### WORK TASK
Of all the lines in the entries below, give again exactly those starting at the line containing "reloc_on_resume = true;" and ending at the line containing "map_to_world = (0, (0, 0, 0));", both ends included, and no others.

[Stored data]

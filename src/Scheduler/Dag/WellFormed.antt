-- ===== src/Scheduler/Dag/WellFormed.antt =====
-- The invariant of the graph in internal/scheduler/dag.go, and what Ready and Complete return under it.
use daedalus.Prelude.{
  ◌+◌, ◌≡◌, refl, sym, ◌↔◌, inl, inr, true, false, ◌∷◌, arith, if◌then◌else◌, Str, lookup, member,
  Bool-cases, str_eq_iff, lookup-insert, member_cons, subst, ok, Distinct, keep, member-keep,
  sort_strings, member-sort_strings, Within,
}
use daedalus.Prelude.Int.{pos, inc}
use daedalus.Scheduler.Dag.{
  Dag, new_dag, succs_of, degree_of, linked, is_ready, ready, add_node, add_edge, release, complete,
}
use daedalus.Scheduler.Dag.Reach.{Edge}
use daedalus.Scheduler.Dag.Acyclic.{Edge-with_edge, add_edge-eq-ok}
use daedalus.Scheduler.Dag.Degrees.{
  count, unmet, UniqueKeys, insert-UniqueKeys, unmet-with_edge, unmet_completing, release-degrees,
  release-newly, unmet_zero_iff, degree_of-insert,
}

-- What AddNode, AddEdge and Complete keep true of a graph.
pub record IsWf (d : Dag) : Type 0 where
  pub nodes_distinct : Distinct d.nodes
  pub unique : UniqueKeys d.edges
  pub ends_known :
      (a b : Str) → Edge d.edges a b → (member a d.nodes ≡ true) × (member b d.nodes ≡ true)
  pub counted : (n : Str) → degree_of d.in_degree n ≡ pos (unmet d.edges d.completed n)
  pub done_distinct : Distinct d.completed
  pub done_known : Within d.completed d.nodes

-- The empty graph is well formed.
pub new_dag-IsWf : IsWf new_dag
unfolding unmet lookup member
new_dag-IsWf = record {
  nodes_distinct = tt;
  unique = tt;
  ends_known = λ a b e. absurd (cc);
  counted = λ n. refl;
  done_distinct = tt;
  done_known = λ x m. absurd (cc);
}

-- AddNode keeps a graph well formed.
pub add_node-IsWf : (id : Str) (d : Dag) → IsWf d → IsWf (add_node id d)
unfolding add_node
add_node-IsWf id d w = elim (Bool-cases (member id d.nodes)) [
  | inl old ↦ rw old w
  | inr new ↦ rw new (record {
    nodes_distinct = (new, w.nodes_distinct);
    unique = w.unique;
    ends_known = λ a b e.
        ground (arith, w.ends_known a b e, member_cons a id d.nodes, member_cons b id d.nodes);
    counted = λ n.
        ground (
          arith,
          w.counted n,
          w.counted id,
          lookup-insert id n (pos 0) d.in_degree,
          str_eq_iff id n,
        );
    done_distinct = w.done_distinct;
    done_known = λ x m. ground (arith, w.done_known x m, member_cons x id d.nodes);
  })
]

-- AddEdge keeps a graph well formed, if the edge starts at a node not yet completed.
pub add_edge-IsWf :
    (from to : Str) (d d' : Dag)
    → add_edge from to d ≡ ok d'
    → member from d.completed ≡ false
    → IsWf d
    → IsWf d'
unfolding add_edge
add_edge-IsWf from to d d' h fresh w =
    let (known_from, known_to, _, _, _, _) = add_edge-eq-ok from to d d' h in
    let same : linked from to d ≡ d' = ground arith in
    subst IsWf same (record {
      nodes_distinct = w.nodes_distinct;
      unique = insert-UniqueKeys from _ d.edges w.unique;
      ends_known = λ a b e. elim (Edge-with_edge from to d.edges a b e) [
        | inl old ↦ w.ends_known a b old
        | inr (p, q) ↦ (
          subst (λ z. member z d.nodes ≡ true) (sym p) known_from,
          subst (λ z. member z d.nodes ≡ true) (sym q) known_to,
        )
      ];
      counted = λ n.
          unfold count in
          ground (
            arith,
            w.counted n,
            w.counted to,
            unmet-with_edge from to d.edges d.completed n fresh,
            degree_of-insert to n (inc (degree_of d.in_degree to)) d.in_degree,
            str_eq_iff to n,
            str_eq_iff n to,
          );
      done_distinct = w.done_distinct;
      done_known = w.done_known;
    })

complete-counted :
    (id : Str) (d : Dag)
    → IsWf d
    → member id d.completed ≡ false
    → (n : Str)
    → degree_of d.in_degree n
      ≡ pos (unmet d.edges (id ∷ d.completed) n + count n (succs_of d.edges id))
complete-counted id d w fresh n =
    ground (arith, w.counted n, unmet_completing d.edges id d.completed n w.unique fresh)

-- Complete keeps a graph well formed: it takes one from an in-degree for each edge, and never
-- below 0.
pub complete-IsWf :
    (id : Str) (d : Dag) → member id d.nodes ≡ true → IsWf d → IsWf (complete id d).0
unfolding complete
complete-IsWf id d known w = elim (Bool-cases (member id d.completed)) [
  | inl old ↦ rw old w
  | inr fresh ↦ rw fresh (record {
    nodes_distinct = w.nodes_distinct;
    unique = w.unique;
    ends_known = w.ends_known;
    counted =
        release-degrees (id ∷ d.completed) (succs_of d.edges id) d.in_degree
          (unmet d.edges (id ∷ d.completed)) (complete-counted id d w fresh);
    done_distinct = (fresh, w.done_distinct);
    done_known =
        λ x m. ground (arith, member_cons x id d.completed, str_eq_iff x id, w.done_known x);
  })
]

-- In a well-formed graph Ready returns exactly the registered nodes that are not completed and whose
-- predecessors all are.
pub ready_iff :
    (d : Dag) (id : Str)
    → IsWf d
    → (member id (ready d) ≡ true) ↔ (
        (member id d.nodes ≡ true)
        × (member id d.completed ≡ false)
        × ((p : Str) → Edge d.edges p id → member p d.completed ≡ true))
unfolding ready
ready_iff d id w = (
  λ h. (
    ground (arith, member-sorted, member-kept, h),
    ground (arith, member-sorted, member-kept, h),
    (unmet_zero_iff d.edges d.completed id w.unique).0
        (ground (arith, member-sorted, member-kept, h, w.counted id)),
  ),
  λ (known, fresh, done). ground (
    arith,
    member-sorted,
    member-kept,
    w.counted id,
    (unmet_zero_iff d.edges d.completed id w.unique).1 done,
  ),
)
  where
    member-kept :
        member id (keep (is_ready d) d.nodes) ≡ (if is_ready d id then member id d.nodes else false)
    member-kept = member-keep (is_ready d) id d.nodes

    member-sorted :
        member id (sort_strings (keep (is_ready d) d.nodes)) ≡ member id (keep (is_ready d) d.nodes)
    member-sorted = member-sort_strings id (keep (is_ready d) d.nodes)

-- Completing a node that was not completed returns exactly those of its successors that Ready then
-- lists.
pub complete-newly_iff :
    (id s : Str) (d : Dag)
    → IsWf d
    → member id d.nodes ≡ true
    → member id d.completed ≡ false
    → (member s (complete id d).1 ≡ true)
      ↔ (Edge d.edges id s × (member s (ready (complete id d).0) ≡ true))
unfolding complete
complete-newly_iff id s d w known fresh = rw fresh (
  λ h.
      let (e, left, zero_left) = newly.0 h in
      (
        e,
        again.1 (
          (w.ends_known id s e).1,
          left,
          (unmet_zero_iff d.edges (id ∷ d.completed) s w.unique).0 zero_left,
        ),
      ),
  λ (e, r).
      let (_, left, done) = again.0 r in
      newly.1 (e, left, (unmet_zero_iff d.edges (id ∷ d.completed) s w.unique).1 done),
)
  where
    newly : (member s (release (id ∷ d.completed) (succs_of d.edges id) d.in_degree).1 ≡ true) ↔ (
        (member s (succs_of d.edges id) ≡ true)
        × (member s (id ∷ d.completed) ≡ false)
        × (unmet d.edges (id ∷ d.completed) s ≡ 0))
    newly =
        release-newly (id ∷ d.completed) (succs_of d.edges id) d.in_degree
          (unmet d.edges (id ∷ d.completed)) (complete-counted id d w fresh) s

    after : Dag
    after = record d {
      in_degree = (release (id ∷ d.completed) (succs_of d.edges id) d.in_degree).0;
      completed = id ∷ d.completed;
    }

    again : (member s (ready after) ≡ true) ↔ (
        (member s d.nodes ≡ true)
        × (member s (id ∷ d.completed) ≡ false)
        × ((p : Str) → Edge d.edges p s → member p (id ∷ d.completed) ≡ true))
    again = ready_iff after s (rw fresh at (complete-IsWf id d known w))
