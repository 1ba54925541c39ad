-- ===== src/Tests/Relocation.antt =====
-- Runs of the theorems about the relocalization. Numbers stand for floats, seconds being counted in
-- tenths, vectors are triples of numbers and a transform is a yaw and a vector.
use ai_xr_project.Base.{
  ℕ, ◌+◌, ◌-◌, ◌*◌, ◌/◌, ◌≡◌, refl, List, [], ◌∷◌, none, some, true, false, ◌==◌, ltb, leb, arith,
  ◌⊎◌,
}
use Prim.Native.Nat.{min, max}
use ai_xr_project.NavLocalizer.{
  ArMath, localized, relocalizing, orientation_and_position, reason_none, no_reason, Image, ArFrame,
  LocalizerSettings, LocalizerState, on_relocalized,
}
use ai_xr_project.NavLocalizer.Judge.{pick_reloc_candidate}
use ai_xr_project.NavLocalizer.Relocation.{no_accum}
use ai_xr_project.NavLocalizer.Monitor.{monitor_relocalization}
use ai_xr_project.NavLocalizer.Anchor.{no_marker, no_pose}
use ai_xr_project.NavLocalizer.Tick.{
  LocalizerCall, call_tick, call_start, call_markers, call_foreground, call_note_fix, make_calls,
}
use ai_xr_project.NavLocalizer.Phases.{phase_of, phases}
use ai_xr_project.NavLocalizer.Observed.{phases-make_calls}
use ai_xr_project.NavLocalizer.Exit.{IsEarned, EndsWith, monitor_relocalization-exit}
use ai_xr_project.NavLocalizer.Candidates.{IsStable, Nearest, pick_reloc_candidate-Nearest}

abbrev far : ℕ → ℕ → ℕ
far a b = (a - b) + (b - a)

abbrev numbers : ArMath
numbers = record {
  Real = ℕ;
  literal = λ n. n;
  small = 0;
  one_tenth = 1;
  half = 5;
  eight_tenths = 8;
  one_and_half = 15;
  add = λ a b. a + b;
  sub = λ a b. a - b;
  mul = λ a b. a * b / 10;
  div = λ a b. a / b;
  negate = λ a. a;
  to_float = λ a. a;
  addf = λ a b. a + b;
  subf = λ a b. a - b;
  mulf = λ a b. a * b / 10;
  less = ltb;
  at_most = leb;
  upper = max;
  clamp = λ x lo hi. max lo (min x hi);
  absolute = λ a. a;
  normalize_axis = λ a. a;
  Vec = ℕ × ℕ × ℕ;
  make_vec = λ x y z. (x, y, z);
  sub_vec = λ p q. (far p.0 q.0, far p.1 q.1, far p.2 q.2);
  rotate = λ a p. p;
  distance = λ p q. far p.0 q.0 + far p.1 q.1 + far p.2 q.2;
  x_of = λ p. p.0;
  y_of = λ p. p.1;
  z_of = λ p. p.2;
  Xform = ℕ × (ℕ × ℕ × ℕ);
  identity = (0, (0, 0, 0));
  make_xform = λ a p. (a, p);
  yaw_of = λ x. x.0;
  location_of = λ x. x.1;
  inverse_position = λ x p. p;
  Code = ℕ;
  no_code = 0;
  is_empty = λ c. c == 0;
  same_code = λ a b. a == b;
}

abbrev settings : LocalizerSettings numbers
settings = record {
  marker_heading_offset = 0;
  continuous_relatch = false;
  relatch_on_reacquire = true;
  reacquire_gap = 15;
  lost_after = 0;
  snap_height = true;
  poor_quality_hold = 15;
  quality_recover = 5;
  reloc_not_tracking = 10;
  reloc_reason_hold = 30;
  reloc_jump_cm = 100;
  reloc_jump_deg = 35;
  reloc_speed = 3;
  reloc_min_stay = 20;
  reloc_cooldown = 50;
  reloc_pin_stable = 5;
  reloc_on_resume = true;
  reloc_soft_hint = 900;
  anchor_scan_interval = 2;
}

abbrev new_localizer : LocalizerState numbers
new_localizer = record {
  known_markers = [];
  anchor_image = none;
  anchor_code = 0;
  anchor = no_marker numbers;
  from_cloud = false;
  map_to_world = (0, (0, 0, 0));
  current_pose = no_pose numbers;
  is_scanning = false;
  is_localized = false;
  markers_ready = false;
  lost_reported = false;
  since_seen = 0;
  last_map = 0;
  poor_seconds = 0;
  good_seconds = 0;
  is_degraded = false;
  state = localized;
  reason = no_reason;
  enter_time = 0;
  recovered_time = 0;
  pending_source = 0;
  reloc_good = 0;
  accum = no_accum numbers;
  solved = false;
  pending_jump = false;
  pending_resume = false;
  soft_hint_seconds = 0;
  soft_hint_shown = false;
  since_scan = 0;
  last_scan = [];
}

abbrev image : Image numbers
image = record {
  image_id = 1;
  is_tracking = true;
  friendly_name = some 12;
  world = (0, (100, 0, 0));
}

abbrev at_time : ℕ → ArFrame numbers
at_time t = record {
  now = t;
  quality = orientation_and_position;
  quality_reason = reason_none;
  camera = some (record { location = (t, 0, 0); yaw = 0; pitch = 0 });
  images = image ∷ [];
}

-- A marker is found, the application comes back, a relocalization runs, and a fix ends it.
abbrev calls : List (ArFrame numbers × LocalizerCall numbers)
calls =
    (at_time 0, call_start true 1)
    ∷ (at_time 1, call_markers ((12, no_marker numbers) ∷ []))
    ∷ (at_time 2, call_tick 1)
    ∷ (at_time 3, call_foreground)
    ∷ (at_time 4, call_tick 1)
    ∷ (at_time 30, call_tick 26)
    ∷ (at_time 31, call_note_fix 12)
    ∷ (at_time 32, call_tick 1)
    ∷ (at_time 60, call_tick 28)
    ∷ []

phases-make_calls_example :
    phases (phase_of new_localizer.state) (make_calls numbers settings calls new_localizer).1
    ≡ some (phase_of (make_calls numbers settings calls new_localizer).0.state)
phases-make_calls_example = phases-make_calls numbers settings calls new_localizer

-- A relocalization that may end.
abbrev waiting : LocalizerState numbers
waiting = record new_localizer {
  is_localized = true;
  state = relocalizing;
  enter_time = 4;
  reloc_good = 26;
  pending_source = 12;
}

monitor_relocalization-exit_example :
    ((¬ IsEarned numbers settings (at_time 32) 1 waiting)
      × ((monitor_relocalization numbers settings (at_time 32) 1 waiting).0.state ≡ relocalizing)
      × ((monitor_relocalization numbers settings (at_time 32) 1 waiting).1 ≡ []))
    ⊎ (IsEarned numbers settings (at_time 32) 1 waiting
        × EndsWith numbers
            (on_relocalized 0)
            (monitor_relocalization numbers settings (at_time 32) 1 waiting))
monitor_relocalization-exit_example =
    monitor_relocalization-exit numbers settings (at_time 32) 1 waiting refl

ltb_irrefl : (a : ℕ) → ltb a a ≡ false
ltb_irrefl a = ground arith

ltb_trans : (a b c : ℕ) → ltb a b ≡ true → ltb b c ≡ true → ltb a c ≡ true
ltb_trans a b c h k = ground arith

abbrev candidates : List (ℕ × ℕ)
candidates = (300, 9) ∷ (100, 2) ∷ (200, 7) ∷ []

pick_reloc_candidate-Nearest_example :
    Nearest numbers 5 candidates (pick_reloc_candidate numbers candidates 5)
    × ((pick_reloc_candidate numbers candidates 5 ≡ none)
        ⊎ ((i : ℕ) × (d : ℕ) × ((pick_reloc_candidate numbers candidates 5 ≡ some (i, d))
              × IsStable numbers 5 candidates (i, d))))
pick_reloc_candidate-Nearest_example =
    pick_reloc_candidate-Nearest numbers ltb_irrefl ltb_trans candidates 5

### RESPONSE BOX
  reloc_on_resume = true;
  reloc_soft_hint = 900;
  anchor_scan_interval = 2;
}

abbrev new_localizer : LocalizerState numbers
new_localizer = record {
  known_markers = [];
  anchor_image = none;
  anchor_code = 0;
  anchor = no_marker numbers;
  from_cloud = false;
  map_to_world = (0, (0, 0, 0));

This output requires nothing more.